▸ What the task asks
The entries below should be transcribed in their entirety, exactly as written.

▸ Given data
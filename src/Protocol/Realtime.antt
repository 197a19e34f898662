-- ===== src/Protocol/Realtime.antt =====
-- rust/crates/protocol/src/realtime.rs: the messages between a browser and the server over a
-- WebSocket. The arguments of a message stand in the order of the source's fields. The text of a
-- message is read by serde_json, which is a parameter of `parse_client_message`.
pub mod Accepted
use p2p_transmission.Prelude.{
  ℕ, Bool, ltb, List, Option, none, some, Result, ok, err, ◌>>=◌, ◌>>◌, reject_if, map_err,
}
use p2p_transmission.Prelude.Text.{Text, text, byte_len}
use p2p_transmission.Protocol.Limits.{
  Checked, ProtocolError, frame_too_large, invalid_json, max_json_frame_bytes, max_signal_bytes,
  max_error_message_bytes, validate_text, validate_token, validate_room_code,
  validate_multiline_text,
}
use p2p_transmission.Protocol.Version.{ProtocolVersion, validate_version}

pub data Signal : Type 0 where
  offer : Text → Signal
  answer : Text → Signal
  ice_candidate : Text → Option Text → Option ℕ → Signal

abbrev pub validate_sdp_mid : Option Text → Checked
validate_sdp_mid none = ok tt
validate_sdp_mid (some sdp_mid) = validate_text sdp_mid (text "sdp_mid") 256

unfoldable pub validate_signal : Signal → Checked
validate_signal (offer sdp) = validate_multiline_text sdp (text "sdp") max_signal_bytes
validate_signal (answer sdp) = validate_multiline_text sdp (text "sdp") max_signal_bytes
validate_signal (ice_candidate candidate sdp_mid sdp_m_line_index) = do
  validate_text candidate (text "candidate") max_signal_bytes
  validate_sdp_mid sdp_mid

pub data ClientRealtimeMessage : Type 0 where
  attach_room : ProtocolVersion → Text → Text → Option ℕ → ClientRealtimeMessage
  watch_join_request : ProtocolVersion → Text → Text → Option ℕ → ClientRealtimeMessage
  detach_room : ProtocolVersion → Text → ClientRealtimeMessage
  signal : ProtocolVersion → Text → Text → Text → Signal → ClientRealtimeMessage
  heartbeat : ProtocolVersion → Text → ClientRealtimeMessage
  ack_event : ProtocolVersion → Text → ClientRealtimeMessage

abbrev pub client_version : ClientRealtimeMessage → ProtocolVersion
client_version (attach_room version _ _ _) = version
client_version (watch_join_request version _ _ _) = version
client_version (detach_room version _) = version
client_version (signal version _ _ _ _) = version
client_version (heartbeat version _) = version
client_version (ack_event version _) = version

-- The second `match` of `ClientRealtimeMessage::validate`.
unfoldable pub validate_client_fields : ClientRealtimeMessage → Checked
validate_client_fields (attach_room version room_code peer_id last_revision) = do
  validate_room_code room_code
  validate_token peer_id (text "peer_id")
validate_client_fields (watch_join_request version room_code request_id last_revision) = do
  validate_room_code room_code
  validate_token request_id (text "request_id")
validate_client_fields (detach_room version room_code) = validate_room_code room_code
validate_client_fields (signal version room_code to_peer_id negotiation_id body) = do
  validate_room_code room_code
  validate_token to_peer_id (text "to_peer_id")
  validate_token negotiation_id (text "negotiation_id")
  validate_signal body
validate_client_fields (heartbeat version nonce) = validate_token nonce (text "nonce")
validate_client_fields (ack_event version event_id) = validate_token event_id (text "event_id")

unfoldable pub validate_client : ClientRealtimeMessage → Checked
validate_client message = do
  validate_version (client_version message)
  validate_client_fields message

-- `from_str` is `serde_json::from_str` with the text of its error.
unfoldable pub parse_client_message :
    (Text → Result Text ClientRealtimeMessage) → Text → Result ProtocolError ClientRealtimeMessage
parse_client_message from_str input = do
  reject_if (ltb max_json_frame_bytes (byte_len input))
      (frame_too_large (byte_len input) max_json_frame_bytes)
  message ← map_err invalid_json (from_str input)
  validate_client message
  ok message

pub data ParticipantRoleWire : Type 0 where
  owner receiver : ParticipantRoleWire

pub record ParticipantSnapshot : Type 0 where
  pub session_id : Text
  pub display_name : Text
  pub role : ParticipantRoleWire
  pub online : Bool
  pub peer_id : Option Text

pub data JoinDecisionWire : Type 0 where
  approved rejected : JoinDecisionWire

pub record JoinRequestSnapshot : Type 0 where
  pub request_id : Text
  pub session_id : Text
  pub display_name : Text
  pub expires_at_ms : ℕ

pub data ServerRealtimeMessage : Type 0 where
  attached : ProtocolVersion → Text → Text → ℕ → ServerRealtimeMessage
  join_watching : ProtocolVersion → Text → Text → Text → ℕ → ServerRealtimeMessage
  room_snapshot :
      ProtocolVersion
      → Text
      → Text
      → Text
      → ℕ
      → ℕ
      → List ParticipantSnapshot
      → List JoinRequestSnapshot
      → ServerRealtimeMessage
  join_requested : ProtocolVersion → Text → ℕ → JoinRequestSnapshot → ServerRealtimeMessage
  join_decided : ProtocolVersion → Text → ℕ → Text → JoinDecisionWire → ServerRealtimeMessage
  peer_online : ProtocolVersion → Text → ℕ → Text → Text → ServerRealtimeMessage
  peer_offline : ProtocolVersion → Text → ℕ → Text → ServerRealtimeMessage
  server_signal : ProtocolVersion → Text → Text → Text → Signal → ServerRealtimeMessage
  room_expired : ProtocolVersion → Text → ℕ → ServerRealtimeMessage
  server_error : ProtocolVersion → Text → Text → Bool → ServerRealtimeMessage

abbrev pub server_version : ServerRealtimeMessage → ProtocolVersion
server_version (attached version _ _ _) = version
server_version (join_watching version _ _ _ _) = version
server_version (room_snapshot version _ _ _ _ _ _ _) = version
server_version (join_requested version _ _ _) = version
server_version (join_decided version _ _ _ _) = version
server_version (peer_online version _ _ _ _) = version
server_version (peer_offline version _ _ _) = version
server_version (server_signal version _ _ _ _) = version
server_version (room_expired version _ _) = version
server_version (server_error version _ _ _) = version

unfoldable pub validate_server_fields : ServerRealtimeMessage → Checked
validate_server_fields (server_signal version event_id from_peer_id negotiation_id body) = do
  validate_token event_id (text "event_id")
  validate_token from_peer_id (text "from_peer_id")
  validate_token negotiation_id (text "negotiation_id")
  validate_signal body
validate_server_fields (server_error version code message retryable) = do
  validate_token code (text "error_code")
  validate_text message (text "error_message") max_error_message_bytes
validate_server_fields _ = ok tt

unfoldable pub validate_server : ServerRealtimeMessage → Checked
validate_server message = do
  validate_version (server_version message)
  validate_server_fields message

▸ Exercise answer
filename src/Protocol/Realtime.antt
repository 197a19e34f898662
-- ===== src/Protocol/Realtime.antt =====
-- rust/crates/protocol/src/realtime.rs: the messages between a browser and the server over a
-- WebSocket. The arguments of a message stand in the order of the source's fields. The text of a
-- message is read by serde_json, which is a parameter of `parse_client_message`.
pub mod Accepted
use p2p_transmission.Prelude.{
  ℕ, Bool, ltb, List, Option, none, some, Result, ok, err, ◌>>=◌, ◌>>◌, reject_if, map_err,
}
use p2p_transmission.Prelude.Text.{Text, text, byte_len}
use p2p_transmission.Protocol.Limits.{
  Checked, ProtocolError, frame_too_large, invalid_json, max_json_frame_bytes, max_signal_bytes,
  max_error_message_bytes, validate_text, validate_token, validate_room_code,
  validate_multiline_text,
}
use p2p_transmission.Protocol.Version.{ProtocolVersion, validate_version}

pub data Signal : Type 0 where
  offer : Text → Signal
  answer : Text → Signal
  ice_candidate : Text → Option Text → Option ℕ → Signal

abbrev pub validate_sdp_mid : Option Text → Checked
validate_sdp_mid none = ok tt
validate_sdp_mid (some sdp_mid) = validate_text sdp_mid (text "sdp_mid") 256

unfoldable pub validate_signal : Signal → Checked
validate_signal (offer sdp) = validate_multiline_text sdp (text "sdp") max_signal_bytes
validate_signal (answer sdp) = validate_multiline_text sdp (text "sdp") max_signal_bytes
validate_signal (ice_candidate candidate sdp_mid sdp_m_line_index) = do
  validate_text candidate (text "candidate") max_signal_bytes
  validate_sdp_mid sdp_mid

pub data ClientRealtimeMessage : Type 0 where
  attach_room : ProtocolVersion → Text → Text → Option ℕ → ClientRealtimeMessage
  watch_join_request : ProtocolVersion → Text → Text → Option ℕ → ClientRealtimeMessage
  detach_room : ProtocolVersion → Text → ClientRealtimeMessage
  signal : ProtocolVersion → Text → Text → Text → Signal → ClientRealtimeMessage
  heartbeat : ProtocolVersion → Text → ClientRealtimeMessage
  ack_event : ProtocolVersion → Text → ClientRealtimeMessage

abbrev pub client_version : ClientRealtimeMessage → ProtocolVersion
client_version (attach_room version _ _ _) = version
client_version (watch_join_request version _ _ _) = version
client_version (detach_room version _) = version
client_version (signal version _ _ _ _) = version
client_version (heartbeat version _) = version
client_version (ack_event version _) = version

-- The second `match` of `ClientRealtimeMessage::validate`.
unfoldable pub validate_client_fields : ClientRealtimeMessage → Checked
validate_client_fields (attach_room version room_code peer_id last_revision) = do
  validate_room_code room_code
  validate_token peer_id (text "peer_id")
validate_client_fields (watch_join_request version room_code request_id last_revision) = do
  validate_room_code room_code
  validate_token request_id (text "request_id")
validate_client_fields (detach_room version room_code) = validate_room_code room_code
validate_client_fields (signal version room_code to_peer_id negotiation_id body) = do
  validate_room_code room_code
  validate_token to_peer_id (text "to_peer_id")
  validate_token negotiation_id (text "negotiation_id")
  validate_signal body
validate_client_fields (heartbeat version nonce) = validate_token nonce (text "nonce")
validate_client_fields (ack_event version event_id) = validate_token event_id (text "event_id")

unfoldable pub validate_client : ClientRealtimeMessage → Checked
validate_client message = do
  validate_version (client_version message)
  validate_client_fields message

-- `from_str` is `serde_json::from_str` with the text of its error.
unfoldable pub parse_client_message :
    (Text → Result Text ClientRealtimeMessage) → Text → Result ProtocolError ClientRealtimeMessage
parse_client_message from_str input = do
  reject_if (ltb max_json_frame_bytes (byte_len input))
      (frame_too_large (byte_len input) max_json_frame_bytes)
  message ← map_err invalid_json (from_str input)
  validate_client message
  ok message

pub data ParticipantRoleWire : Type 0 where
  owner receiver : ParticipantRoleWire

pub record ParticipantSnapshot : Type 0 where
  pub session_id : Text
  pub display_name : Text
  pub role : ParticipantRoleWire
  pub online : Bool
  pub peer_id : Option Text

pub data JoinDecisionWire : Type 0 where
  approved rejected : JoinDecisionWire

pub record JoinRequestSnapshot : Type 0 where
  pub request_id : Text
  pub session_id : Text
  pub display_name : Text
  pub expires_at_ms : ℕ

pub data ServerRealtimeMessage : Type 0 where
  attached : ProtocolVersion → Text → Text → ℕ → ServerRealtimeMessage
  join_watching : ProtocolVersion → Text → Text → Text → ℕ → ServerRealtimeMessage
  room_snapshot :
      ProtocolVersion
      → Text
      → Text
      → Text
      → ℕ
      → ℕ
      → List ParticipantSnapshot
      → List JoinRequestSnapshot
      → ServerRealtimeMessage
  join_requested : ProtocolVersion → Text → ℕ → JoinRequestSnapshot → ServerRealtimeMessage
  join_decided : ProtocolVersion → Text → ℕ → Text → JoinDecisionWire → ServerRealtimeMessage
  peer_online : ProtocolVersion → Text → ℕ → Text → Text → ServerRealtimeMessage
  peer_offline : ProtocolVersion → Text → ℕ → Text → ServerRealtimeMessage
  server_signal : ProtocolVersion → Text → Text → Text → Signal → ServerRealtimeMessage
  room_expired : ProtocolVersion → Text → ℕ → ServerRealtimeMessage
  server_error : ProtocolVersion → Text → Text → Bool → ServerRealtimeMessage

abbrev pub server_version : ServerRealtimeMessage → ProtocolVersion
server_version (attached version _ _ _) = version
server_version (join_watching version _ _ _ _) = version
server_version (room_snapshot version _ _ _ _ _ _ _) = version
server_version (join_requested version _ _ _) = version
server_version (join_decided version _ _ _ _) = version
server_version (peer_online version _ _ _ _) = version
server_version (peer_offline version _ _ _) = version
server_version (server_signal version _ _ _ _) = version
server_version (room_expired version _ _) = version
server_version (server_error version _ _ _) = version

unfoldable pub validate_server_fields : ServerRealtimeMessage → Checked
validate_server_fields (server_signal version event_id from_peer_id negotiation_id body) = do
  validate_token event_id (text "event_id")
  validate_token from_peer_id (text "from_peer_id")
  validate_token negotiation_id (text "negotiation_id")
  validate_signal body
validate_server_fields (server_error version code message retryable) = do
  validate_token code (text "error_code")
  validate_text message (text "error_message") max_error_message_bytes
validate_server_fields _ = ok tt

unfoldable pub validate_server : ServerRealtimeMessage → Checked
validate_server message = do
  validate_version (server_version message)
  validate_server_fields message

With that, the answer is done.